The signaling pathways from oncogenic drivers are linked to metabolic alterations due to cancer. For example, the expression of the PKM2 (an M2 isoform of pyruvate kinase) encourages the alteration of glycolytic intermediates in the direction of anabolic metabolism while regulating both transcriptional and post-transcriptional program that leads to the addiction of glutamine.

 

b)      Oncosuppressors and Metabolism

There are some oncosuppressor proteins that can regulate cellular metabolism. The inactivation of tumor suppressor p53 happens in more than 50% of all neoplasms causes a variety of metabolic consequences that could potentially stimulate the Warburg effect. P53 can possibly suppress the transcription of GLUT4 and GLUT1 and stimulate the expression of apoptosis regulator (TIGAR), TP53 induced glycolysis, SCO2, glutaminase 2 (GLS2) and many other pro-autophagic factors. It also interacts physically with glucose-6-phosphate-dehydrogenase (G6PD) with RB1-inducible coiled-coil 1 (RB1CC1).
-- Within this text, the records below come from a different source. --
-- ===== src/Modification.antt =====
-- core/modification.py: the rules that rewrite a request on its way to a provider.
pub mod Laws
use ai_proxy.Common.{String, Bool, ◌&&◌, Option, none, some, List, [], ◌∷◌, ◌==◌, if◌then◌else◌}
use ai_proxy.Dict
use ai_proxy.Dict.{Dict}
use ai_proxy.Text.Glob.{fnmatch}
use ai_proxy.Json.{Json, null, str, JsonObject}
use ai_proxy.Config.{ModificationRule}

-- `rule.value or ""`
abbrev pub text_value : Option String → String
text_value none = ""
text_value (some s) = s

abbrev pub json_value : Option String → Json
json_value none = null
json_value (some s) = str s

unfoldable pub rule_applies : String → String → ModificationRule → Bool
rule_applies provider_name model rule =
    fnmatch provider_name rule.match_provider && fnmatch model rule.match_model

unfoldable pub apply_rule : ModificationRule → JsonObject × Dict String → JsonObject × Dict String
apply_rule rule (request_body, headers) =
    if rule.action == "add_header"
    then (request_body, Dict.set headers rule.key (text_value rule.value))
    else if rule.action == "remove_header"
    then (request_body, Dict.pop headers rule.key)
    else if rule.action == "set_field"
    then (Dict.set request_body rule.key (json_value rule.value), headers)
    else if rule.action == "remove_field"
    then (Dict.pop request_body rule.key, headers)
    else (request_body, headers)

unfoldable pub apply_modifications :
    List ModificationRule → String → String → JsonObject × Dict String → JsonObject × Dict String
apply_modifications [] provider_name model request = request
apply_modifications (rule ∷ rules) provider_name model request =
    apply_modifications rules provider_name model
      (if rule_applies provider_name model rule then apply_rule rule request else request)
c)       Oncometabolites and Oncoenzymes

It was found that metabolites can contribute to oncogenesis when mutations such as fumarate hydratase (FH) and succinate dehydrogenase (SDH) was linked to sporadic and familial types of cancer including pheochromocytoma, leiomyoma, renal cell carcinoma, and paraganglioma. once the enzymatic activity of SDH and FH is disrupted, succinate and fumarate accumulate resulting in oncogenesis.
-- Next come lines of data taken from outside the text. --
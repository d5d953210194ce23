-- ===== src/Forward.antt =====
-- The request that is forwarded, of api/proxy/router.py: `_apply_provider_pinning`,
-- `_prepare_forward_request`. `dict(body)` and `{**body}` copy one level, so the `provider` object is
-- one and the same in the client's body that is logged and in the body that is forwarded: what is
-- written into it shows in both.
pub mod Pins
use ai_proxy.Common.{
  String, Bool, true, false, not, ◌&&◌, Option, none, some, List, [], ◌∷◌, if◌then◌else◌, is_given,
  is_none, ◌>>=◌,
}
use ai_proxy.Dict
use ai_proxy.Dict.{Dict}
use ai_proxy.Json.{Json, bool, str, array, object, as_object, get_array, JsonObject}
use ai_proxy.Config.{AppConfig}
use ai_proxy.Routing.{RouteResult}
use ai_proxy.Modification.{apply_modifications}

-- What pinning does to the field `provider`: nothing, a new object in its place, or a write into the
-- object that is there.
pub data Pinning : Type 0 where
  unchanged : Pinning
  replaced : JsonObject → Pinning
  edited : JsonObject → Pinning

abbrev pub strings : List String → List Json
strings [] = []
strings (s ∷ ss) = str s ∷ strings ss

abbrev pub pins_value : Option (List String) → Json
pins_value none = array []
pins_value (some ws) = array (strings ws)

abbrev non_empty_list : Option (List Json) → Bool
non_empty_list (some (v ∷ vs)) = true
non_empty_list _ = false

unfoldable pub new_provider : Json → JsonObject
new_provider pins = ("order", pins) ∷ ("allow_fallbacks", bool false) ∷ []

-- A match of the provider overrides the filter or the order that the client gave.
unfoldable pub override_provider : Json → JsonObject → JsonObject
override_provider pins existing =
    if non_empty_list (get_array existing "only")
    then Dict.set_default (Dict.pop (Dict.set existing "only" pins) "order") "allow_fallbacks"
        (bool false)
    else Dict.set_default (Dict.set existing "order" pins) "allow_fallbacks" (bool false)

unfoldable pub pin_existing : Bool → Json → Option JsonObject → Pinning
unfolding new_provider override_provider
pin_existing aware pins none = replaced (new_provider pins)
pin_existing true pins (some existing) = edited (override_provider pins existing)
pin_existing false pins (some existing) =
    if Dict.contains existing "order"
    then unchanged
    else edited (Dict.set_default (Dict.set existing "order" pins) "allow_fallbacks" (bool false))

unfoldable pub provider_pinning : RouteResult → JsonObject → Pinning
unfolding pin_existing
provider_pinning route body =
    if is_given route.pinned_providers
    then pin_existing route.provider_aware_match (pins_value route.pinned_providers)
        (Dict.get body "provider" >>= as_object)
    else unchanged

-- The body in which the object was replaced, and one that shares the object.
abbrev pub own_body : Pinning → JsonObject → JsonObject
own_body unchanged body = body
own_body (replaced p) body = Dict.set body "provider" (object p)
own_body (edited p) body = Dict.set body "provider" (object p)

abbrev pub shared_body : Pinning → JsonObject → JsonObject
shared_body unchanged body = body
shared_body (replaced p) body = body
shared_body (edited p) body = Dict.set body "provider" (object p)

-- `_apply_provider_pinning(body, route)`, as the body that it leaves
unfoldable pub apply_provider_pinning : JsonObject → RouteResult → JsonObject
unfolding provider_pinning
apply_provider_pinning body route = own_body (provider_pinning route body) body

pub record Prepared : Type 0 where
  pub client_request_body : JsonObject
  pub forward_body : JsonObject
  pub forward_headers : Dict String

-- The client's body is the one that is logged when the request is over.
unfoldable pub prepare_forward_request :
    AppConfig → Dict String → JsonObject → RouteResult → Prepared
unfolding apply_provider_pinning
prepare_forward_request config headers body route =
    let named = Dict.set body "model" (str route.mapped_model) in
    let (forward_body, forward_headers) =
      apply_modifications config.modification_rules route.provider_name route.mapped_model
        (apply_provider_pinning named route, headers) in
    record {
      client_request_body = shared_body (provider_pinning route named) body;
      forward_body = forward_body;
      forward_headers = forward_headers;
    }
Targeting Cancer Metabolism

The metabolic targets for cancer therapy rewiring of cancer cells is seen as a promising source for new drug targets. Some different approaches have resulted in the identification of agents that can help with targeting glucose metabolism for cancer therapy. However, the low number of metabolic inhibitors reflect the recent rediscovery of the field. There are also some concerns about the uniformity between malignant cells and non-transformed cells that are undergoing proliferation.

 

a)       Targeting Bioenergetic Metabolism

Some cancer-associated alterations such as the Krebs cycle, glycolysis, glutaminolysis, mitochondrial respiration, and fatty acid oxidation have been studied as potential sites for drug therapy.

 

b)      Targeting Anabolic Metabolism

The anabolic metabolism in cancer cells increases the output from nucleotide, protein, and protein biosynthesis pathways to help with the generation of new biomass in rapidly proliferating cells (includes both normal and malignant). A high metabolic flux through the pentose phosphate pathway is vital to cancer cells as it generates ribose-5-phosphate and nicotinamide adenine dinucleotide phosphate (NADPH).

 

c)       Targeting Other Metabolic Pathways

Other pathways involved in the adaptation to metabolic stress may provide drug targets for cancer therapy. This applies to autophagy, hypoxia-inducible factors 1, and nicotinamide adenine dinucleotide metabolism. A competitor of nicotinamide phosphoribosyltransferase (NAMPT) known as FK866 has been observed to have antineoplastic effects in murine tumor models.

 

Conclusion

The extensive metabolic rewiring in malignant cells provides a large number of possible drug targets. Many agents that target metabolic enzymes are used for decades while others are being developed. Therefore, the use of metabolic modulators that could be complicated by the similarities of highly proliferating normal cells and metabolism of malignant cells, there might be a chance to harness the antineoplastic activity of these drugs clinically. While many efforts were focused on merging metabolic modulators and targeted anticancer drugs, there may be a common view that metabolism and signal transduction are mostly independent if not separate entities. More research is needed to study the extent of how the metabolic functions of oncosuppressive and oncogenic systems contribute to the biological activity.

References:

Galluzzi L, Kepp O, Vander Heiden MG, Kroemer G. Metabolic targets for cancer therapy. Nature Reviews Drug Discovery. 2013; 12: 829-846.